Need for MOAR Speed | EVE Online

Need for MOAR Speed

2010-08-13 - CCP Zulu

Pilots of New Eden,

We have a series of blogs coming out to give a better insight into the technical side of CCP and progress in our long battle on lag. We know this issue is important to you, and there's plenty of room for further explanation, so we hope you tune in here in the coming weeks and months to follow our efforts.

We call this the long battle on lag because there's not a single issue that creates lag or removes it. It's a constant, slow battle that has many possible warriors standing against us on the opposing side.  You may also remember some of our more focused initatives, like Need For Speed which we started 2006. It has been a priority within CCP since then as we've taken a holistic approach to EVE's growing population and the emergent behavior of its pilots. In EVE's long history, we've made continual progress towards the promised land of minimal lag, sometimes in incremental steps and sometimes punctuated by large leaps such as StacklessIO and EVE64.

Shortly after Dominion, as we've all noticed, things began reverting.  This has been a problem, as we know how powerful and unique an experience a 1000+ player fleet fight can truly be. While this is all relative, as we're dealing with an exceptional gaming situation where the universe is large and un-sharded and allows for freedom of movement in the gamespace that is rarely seen elsewhere, CCP's goal is to return you to those epic space battles and then well beyond.

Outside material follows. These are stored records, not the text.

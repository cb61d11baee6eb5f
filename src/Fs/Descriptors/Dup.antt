-- ===== src/Fs/Descriptors/Dup.antt =====
-- do_dup and do_dup2: what becomes of the descriptors and of the references.
use weenix_kernel.Base.{
  ℕ, ◌+◌, ◌≡◌, ◌≢◌, ◌<◌, ◌≤◌, ◌⊎◌, inl, inr, refl, true, false, ◌&&◌, Option, none, some, ltb,
  if◌then◌else◌, arith, Bool-cases, Option-cases, ◌==◌, ==_iff, clash, ap, ◌∙◌, lt→ltb,
}
use weenix_kernel.Base.Int.{ℤ, pos, negsuc}
use weenix_kernel.Base.Outcome.{Ends, Ends-mono, panic}
use weenix_kernel.Fs.Layer.{File, Fs, Ret, ret, err, ebadf, update, bump, FileLayer, Leaves}
use weenix_kernel.Fs.Calls.{no_mode}
use weenix_kernel.Fs.Calls.Held.{fput-bumped, file-bumped}
use weenix_kernel.Fs.Descriptors.{in_use, do_dup, dup_file, do_dup2, dup2_file, set_fd, store_empty}
use weenix_kernel.Fs.Descriptors.Count.{FdInv, recount, points}
use weenix_kernel.Fs.Descriptors.Free.{get_empty_fd-Least}
use weenix_kernel.Fs.Descriptors.Close.{FdInv-Counted}

module _ (nfiles : ℕ) (l : FileLayer) (outside : ℕ → ℕ) (s : Fs) (f : ℕ) where
  open l use {fget, fput}

  -- The descriptor `e` now also points to `f`.
  abbrev pub Points : ℕ → Fs → Type 0
  Points e s' =
      ((d : ℕ) → s'.fds d ≡ update s.fds e (some f) d)
      × ((u : ℕ)
          → s'.files u
            ≡ update s.files f (record (s.files f) { refcount = (s.files f).refcount + 1 }) u)
      × FdInv nfiles outside s'

  store-Points :
      (e : ℕ)
      → e < nfiles
      → s.fds e ≡ none
      → FdInv nfiles outside s
      → Points e (set_fd e (some f) (bump f s))
  store-Points e lt free i = (
    (λ d. refl),
    (λ u. refl),
    recount nfiles outside s (set_fd e (some f) (bump f s)) e (some f) lt i (λ d. refl)
        λ g.
          let p = ap (λ o. points o g) free in
          ground (arith, (==_iff f g).0, ap (λ u. (s.files u).refcount)),
  )

  bumped_mode : (b : _) → no_mode (s.files f).mode ≡ b → no_mode ((bump f s).files f).mode ≡ b
  bumped_mode b e = ap (λ (x : File). no_mode x.mode) (file-bumped l s 0 f) ∙ e

  abbrev pub Duped : Ret × Fs → Type 0
  Duped (r, s') =
      ((no_mode (s.files f).mode ≡ true)
        × (r ≡ err ebadf)
        × Leaves f (s.files f).position s.vnodes s s')
      ⊎ ((no_mode (s.files f).mode ≡ false)
          × ((e : ℕ) × (r ≡ ret (pos e))
              × (s.fds e ≡ none)
              × ((d : ℕ) → 0 ≤ d → d < e → in_use (s.fds d) ≡ true)
              × Points e s'))

  abbrev pub Duped2 : ℕ → ℕ → Ret × Fs → Type 0
  Duped2 fd nfd (r, s') =
      ((no_mode (s.files f).mode ≡ true)
        × (r ≡ err ebadf)
        × Leaves f (s.files f).position s.vnodes s s')
      ⊎ ((no_mode (s.files f).mode ≡ false)
          × (nfd ≡ fd)
          × (r ≡ ret (pos nfd))
          × Leaves f (s.files f).position s.vnodes s s')
      ⊎ ((no_mode (s.files f).mode ≡ false)
          × (s.fds nfd ≡ none)
          × (r ≡ ret (pos nfd))
          × Points nfd s')
      ⊎ ((no_mode (s.files f).mode ≡ false)
          × (nfd ≢ fd)
          × (in_use (s.fds nfd) ≡ true)
          × (r ≡ ret (pos nfd))
          × (s' ≡ bump f s))

  -- If all descriptors of the table are in use, do_dup of one whose mode is not 0 stores outside of
  -- the table, at the index -EMFILE.
  pub do_dup-full :
      (fd : ℕ)
      → s.fds fd ≡ some f
      → no_mode (s.files f).mode ≡ false
      → ((d : ℕ) → d < nfiles → in_use (s.fds d) ≡ true)
      → do_dup nfiles l (pos fd) s ≡ panic
  unfolding do_dup dup_file store_empty
  do_dup-full fd open_fd m full = elim (get_empty_fd-Least nfiles (bump f s)) [
    | inl (e, all) ↦ rw (l.fget-open s fd f open_fd) rw (bumped_mode false m) rw e refl
    | inr (e, x, a, b, n, all) ↦ clash (in_use (s.fds e)) (full e b) (rw n refl)
  ]

  module _ (fd : ℕ) (i : FdInv nfiles outside s) (open_fd : s.fds fd ≡ some f) where
    refused : Leaves f (s.files f).position s.vnodes s (fput f (bump f s))
    refused = fput-bumped l s fd f s.vnodes (FdInv-Counted nfiles outside s i) open_fd

    -- If each reference count is the number of descriptors that point to the file and of the
    -- references outside the table, and some descriptor is unused, then do_dup of an open descriptor
    -- does not panic: mode 0 is -EBADF and changes no file, descriptor or vnode; else the least unused
    -- descriptor is returned and points to the same file, which gets one reference, and the counts
    -- again are those numbers.
    pub do_dup-Duped :
        (free : ℕ) → free < nfiles → s.fds free ≡ none → Ends Duped (do_dup nfiles l (pos fd) s)
    unfolding do_dup dup_file store_empty
    do_dup-Duped free lt unused = elim (Bool-cases (no_mode (s.files f).mode)) [
      | inl m ↦ rw (l.fget-open s fd f open_fd) rw (bumped_mode true m) (inl (m, refl, refused))
      | inr m ↦ elim (get_empty_fd-Least nfiles (bump f s)) [
        | inl (e, all) ↦ clash (in_use (s.fds free)) (all free (omega arith) lt) (rw unused refl)
        | inr (e, x, a, b, n, all) ↦
            rw (l.fget-open s fd f open_fd) rw (bumped_mode false m) rw x rw (lt→ltb e nfiles b)
              (inr (m, (e, refl, n, all, store-Points e b n i)))
      ]
    ]

    pub do_dup2-opened :
        (max_files nfd : ℕ)
        → max_files ≤ nfiles
        → fd < max_files
        → nfd < max_files
        → Ends (Duped2 fd nfd) (do_dup2 nfiles l max_files (pos fd) (pos nfd) s)
    unfolding do_dup2 dup2_file
    do_dup2-opened max_files nfd le a b =
        rw (lt→ltb fd max_files a) rw (lt→ltb nfd max_files b) rw (l.fget-open s fd f open_fd)
          (elim (Bool-cases (no_mode (s.files f).mode)) [
            | inl m ↦ rw (bumped_mode true m) (inl (m, refl, refused))
            | inr m ↦ elim (Option-cases (s.fds nfd)) [
              | inl n ↦
                  rw (bumped_mode false m) rw n rw (lt→ltb nfd nfiles (omega arith))
                    (inr (inr (inl (m, n, refl, store-Points nfd (omega arith) n i))))
              | inr (g, u) ↦ elim (Bool-cases (nfd == fd)) [
                | inl q ↦
                    rw (bumped_mode false m) rw u rw q
                      (inr (inl (m, (==_iff nfd fd).0 q, refl, refused)))
                | inr q ↦ rw (bumped_mode false m) rw u rw q (
                    inr (
                      inr (
                        inr (
                          m,
                          (λ e. clash (nfd == fd) ((==_iff nfd fd).1 e) q),
                          rw u refl,
                          refl,
                          refl,
                        ))))
              ]
            ]
          ])

module _ (nfiles : ℕ) (l : FileLayer) (outside : ℕ → ℕ) (s : Fs) where
  -- What do_dup2 does for a descriptor that is open on a file, or is not open.
  abbrev pub DupedFile : ℕ → ℕ → Option ℕ → Ret × Fs → Type 0
  DupedFile ofd nfd none r = r ≡ (err ebadf, s)
  DupedFile ofd nfd (some f) r = Duped2 nfiles l outside s f ofd nfd r

  -- And for any two numbers.
  abbrev pub Duped2Any : ℕ → ℤ → ℤ → Ret × Fs → Type 0
  Duped2Any max_files (pos ofd) (pos nfd) r =
      if ltb ofd max_files && ltb nfd max_files
      then DupedFile ofd nfd (s.fds ofd) r
      else r ≡ (err ebadf, s)
  Duped2Any max_files _ _ r = r ≡ (err ebadf, s)

  in_range-Duped2 :
      (max_files ofd nfd : ℕ)
      → FdInv nfiles outside s
      → max_files ≤ nfiles
      → ofd < max_files
      → nfd < max_files
      → (o : Option ℕ) → s.fds ofd ≡ o
      → Ends (DupedFile ofd nfd o) (do_dup2 nfiles l max_files (pos ofd) (pos nfd) s)
  unfolding do_dup2 dup2_file
  in_range-Duped2 max_files ofd nfd i le a b none e =
      rw (lt→ltb ofd max_files a) rw (lt→ltb nfd max_files b) rw (l.fget-closed s ofd e) refl
  in_range-Duped2 max_files ofd nfd i le a b (some f) e =
      do_dup2-opened nfiles l outside s f ofd i e max_files nfd le a b

  -- If each reference count is the number of descriptors that point to the file and of the
  -- references outside the table, which has room for all numbers below the limit, then do_dup2 does not
  -- panic for any two numbers. It is -EBADF and changes nothing if one of them is negative or not below
  -- the limit, or if the first is not open. For an open descriptor mode 0 is -EBADF and, like a copy to
  -- the descriptor itself, changes no file, descriptor or vnode; an unused descriptor then points to
  -- the same file, which gets one reference, and the counts again are those numbers; a descriptor in use
  -- stays as it is, though the call returns it, and the file has got a reference that no descriptor
  -- stands for.
  pub do_dup2-Duped2 :
      (max_files : ℕ) (ofd nfd : ℤ)
      → FdInv nfiles outside s
      → max_files ≤ nfiles
      → Ends (Duped2Any max_files ofd nfd) (do_dup2 nfiles l max_files ofd nfd s)
  unfolding do_dup2
  do_dup2-Duped2 max_files (negsuc m) nfd i le = refl
  do_dup2-Duped2 max_files (pos ofd) (negsuc n) i le = refl
  do_dup2-Duped2 max_files (pos ofd) (pos nfd) i le =
      elim (Bool-cases (ltb ofd max_files && ltb nfd max_files)) [
        | inl b ↦
            let first : ofd < max_files = ground arith in
            let second : nfd < max_files = ground arith in
            let there = in_range-Duped2 max_files ofd nfd i le first second (s.fds ofd) refl in
            Ends-mono (DupedFile ofd nfd (s.fds ofd)) (Duped2Any max_files (pos ofd) (pos nfd))
              (do_dup2 nfiles l max_files (pos ofd) (pos nfd) s) (λ r h. rw b h) there
        | inr b ↦ rw b rw b refl
      ]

In the past we've tried to give the right mix of information for the general EVE audience, which has led us a bit away from uber-technical blogs. However, the more technical blogs we have put out have been well-received and since we're talking lag, the blogs following this will follow suit.

In the coming series...

Topic: Singularity Mass Testing Report, CCP Tanis

This is a report from some of the findings of the lass mass testing on Singularity and includes some of the work and investigations being done as a result. These kinds of scenarios can seldom be created on Tranquility with the amount of logging, probing and debugging in place, so this should show why each test is of great importance to us and why the brave, patient players joining us on Sisi are integral to help us tackle lag.

Topic: The Long Lag and MMO Scaling, CCP Warlock

This blog is about distributed applications (of which EVE is one of the more complex) designing them and how CCP scales them to give you not only the best possible performance across the cluster as a whole, but also for specific activities like fleet fights.  This comes from Warlock's presentation at Para 2010, which was presented to the CSM 5 during a break in deliberations and requested in this EVE-O post. This should give another angle of understanding of the behind-the-scenes efforts we've been taking.

Topic: "Thin Clients" and Automated Testing from CCP Atropos

This is an explanation of an effort to rework the guts of the EVE client to slim it down as much as possible so we can undertake controlled, large scale tests in a more automated way. This new testing tool will benefit both quality and scalability moving forwards and can help us simulate fleet-fights "on demand".  We aren't to the point where we can imitate player behavior though, so this goes alongside mass-testing as one of our investigative tools.

Topic: Carbon, CCP's Core Technology , CCP Unifex

CCP has a Core Technology Group which creates and maintains all of the core functionality of what runs EVE and will run our future games. These are groups of superspecialists which helped to produce things like StacklessIO and the Trinity2 graphics engine. This blog will help clarify the overall approach we take to making games and more parts of CCP's organizational structure which contribute directly to the development of EVE Online than just the dedicated EVE Dev Team.

In conclusion, we've been a bit too heads-down on this anti-lag effort and realize the importance of our progress within the EVE player base. You can expect us to update you more frequently on our anti-lag efforts as well as the work of teams developing our core technology. We thank you for your patience, which has been quite long lasting, and hope you realize we will be throwing every last thing we've got at the terrible, multi-ship fleet known as lag.